The present study, to our knowledge, is the first study evaluating related risk factors and simultaneously exploring VEGF expression in wound tissues and its predictive value of prognosis in DFU. However, there are still several limitations in the current study, Firstly, the relatively small sample size (because of our newly updated medical record system). Expanding our sample population will better eliminate data bias and reduce errors as much as possible, or even obtain a definite subversive result. Secondly, microvascular complications (diabetic retinopathy, diabetic nephropathy, etc.) were not included in our analysis as potential risk factors because of limited evaluable data. Gazzaruso et al.²⁵ showed that the absence of diabetic retinopathy and nephropathy were independently associated with DFU healing, and retinopathy was a predictor both of minor amputation and mortality. Moreover, a 7-year follow-up cohort study by Olesen et al.²⁶ indicated that microvascular disease was independently associated with a threefold increase of amputation risk. These findings imply that microvascular complications of DM may be used as potential markers of worse outcomes in DF. Thirdly, this study did not include TcPO2 as an evaluating indicator of DM peripheral vascular disease. We should note that ABI may lose its diagnostic power when artery calcifications presents. Literature has showed that TcPO2 is a potential predictor of major adverse cardiovascular events among patients with uncomplicated type 2 DM and that its predictive value seems to be greater than that of ABI²⁷. Finally, the subjects included in this study all belong to single center, which relatively limiting the research region. Therefore, high-quality, large sample, and multicenter clinical and basic mechanism studies should be performed in our future clinical work to provide physicians with the best evidence-based information.

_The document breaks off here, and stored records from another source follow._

pub container_opens : open_skeleton_details_with_limits sevens container default_limits ≡ ok details
unfolding lead utf8_from is_utf8 usize_to_u64 u64_to_usize read_u16_le read_u32_le read_u64_le
    checked_logical_end checked_physical_end enforce_index_block_size enforce_chunk_sizes
    cbor_limits decode_fixed_prologue read_array any_nonzero decode_header decode_trailer range_end
    is_inside_file overlaps check_fixed key_le insert_range sort_by_key check_adjacent
    validate_physical_ranges read_checksum decode_chunk decode_records has_unknown_flags check_entry
    check_entries check_table validate_chunk_table_block read_varuint_loop read_varuint
    allocation_bytes offset_of decode_offsets decode_entries_dense decode_for_chunks_with_limit
    read_u8 read_exact consume_allocation read_wide read_argument read_len parse_payload parse_bytes
    parse_text parse_values parse_array check_key parse_entries parse_map parse_simple
    parse_unsigned parse_negative parse_major parse_value validate_deterministic_with_limits
    validate_deterministic is_text has_key contains from_raw_bytes as_map field required_map as_text
    required_text as_u64 required_u64_with_overflow required_u64 as_bstr required_bstr check_allowed
    reject_unknown_keys required_checksum optional_checksum required_block_ref expect_text_field
    as_array required_array as_bool required_bool as_i32 required_i32 as_bytes required_bytes
    bool_eq expect_bool_field is_version expect_version_field decode_prologue decode_fields_footer
    decode_footer check_identity check_source check_compression check_chunking check_indexes
    check_integrity check_compatibility required_choice chunk_sizes build_metadata decode_values
    decode_fields_metadata decode_metadata is_chunk_table build_block decode_block_descriptor
    decode_blocks count_chunk_tables check_count build_root decode_root find_chunk_table
    chunk_table_block checksum_eq validate_source_consistency u64_to_u32 is_seen digest
    decode_dictionary_entry decode_entries_dictionary decode_with_limits new_document check_unique
    validate_unique_doc_ids build_document decode_document_entry decode_documents map_error
    decode_document_index get_range lookup_id is_none insert_first build_from build_document_lookup
    slice_physical memory_source blocks_of has_dictionary push_dictionaries
    validate_required_dictionaries is_some read_dictionary_block dictionary_loop
    parse_dictionary_blocks read_dense_block dense_loop parse_dense_line_index read_document_block
    document_loop parse_document_index enforce_blocks enforce_entries extra_ranges physical_ranges
    open_footer open_metadata open_index_root open_chunk_table open_blocks open_body check_length
    open_skeleton_details_with_limits compare_bytes
container_opens = refl
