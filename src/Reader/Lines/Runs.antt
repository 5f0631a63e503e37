-- ===== src/Reader/Lines/Runs.antt =====
-- Runs of reads of lines, src/reader.rs, at a concrete container.
use mathlib.Core.Path.{subst}
use qzt.Base.{ℕ, zero, suc, List, [], ◌∷◌, ◌≡◌, refl, true, some, slice, ◌+◌, arith}
use qzt.Error.{Result, ok}
use qzt.ChunkTable.{ChunkEntry}
use qzt.DenseLineIndex.{line_start_offsets, scan_line_starts, verify_chunk}
use qzt.Skeleton.Sample.{details, entry, dense}
use qzt.Reader.RangeLoop.{chunk_bytes}
use qzt.Reader.Lines.{read_line_from_entries}
use qzt.Base.SplitLines.{split_lines, ends_line}
use qzt.Reader.Lines.Table.{AreLined}
use qzt.Reader.Lines.Read.{IsIndexed, read_line_from_entries_lem}

abbrev text : List ℕ
text = b'a' ∷ 10 ∷ b'b' ∷ 10 ∷ []

abbrev decode_text : ChunkEntry → Result (List ℕ)
decode_text e = ok (slice e.logical_offset (e.logical_offset + e.uncompressed_size) text)

lined : AreLined text true details.chunk_entries
unfolding line_start_offsets scan_line_starts ends_line
lined = (refl, refl, tt)

entry_indexed : verify_chunk dense 0 (chunk_bytes text entry) entry.flags ≡ ok tt
unfolding verify_chunk line_start_offsets scan_line_starts
entry_indexed = refl

indexed : IsIndexed text (entry ∷ []) (some dense)
indexed zero e at =
    subst (λ (f : ChunkEntry). verify_chunk dense 0 (chunk_bytes text f) f.flags ≡ ok tt) (same at)
      entry_indexed
  where
    same : some entry ≡ some e → entry ≡ e
    same h = cc
indexed (suc r) e at = cc

read_line_from_entries_lem_example :
    read_line_from_entries decode_text details 1 ≡ ok (b'b' ∷ 10 ∷ [])
unfolding split_lines
read_line_from_entries_lem_example =
    read_line_from_entries_lem text decode_text details (omega arith) (omega arith) (refl, tt) lined
      indexed 1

In conclusion, DM duration, FPG, HbA1c, ABI, serum VEGF, VEGF in wound tissue, and positive rate of VEGF expression are the independent risk factors for prognosis in DFU patients. Patients with these risk factors should be screened in time, which is of great significance to prevent DFU related adverse events and improve outcomes. In addition, these risk factors may be considered as predictors for adverse prognosis of DFU, providing evidence for the prevention and treatment of severe complication such as gangrene requiring amputation in future works.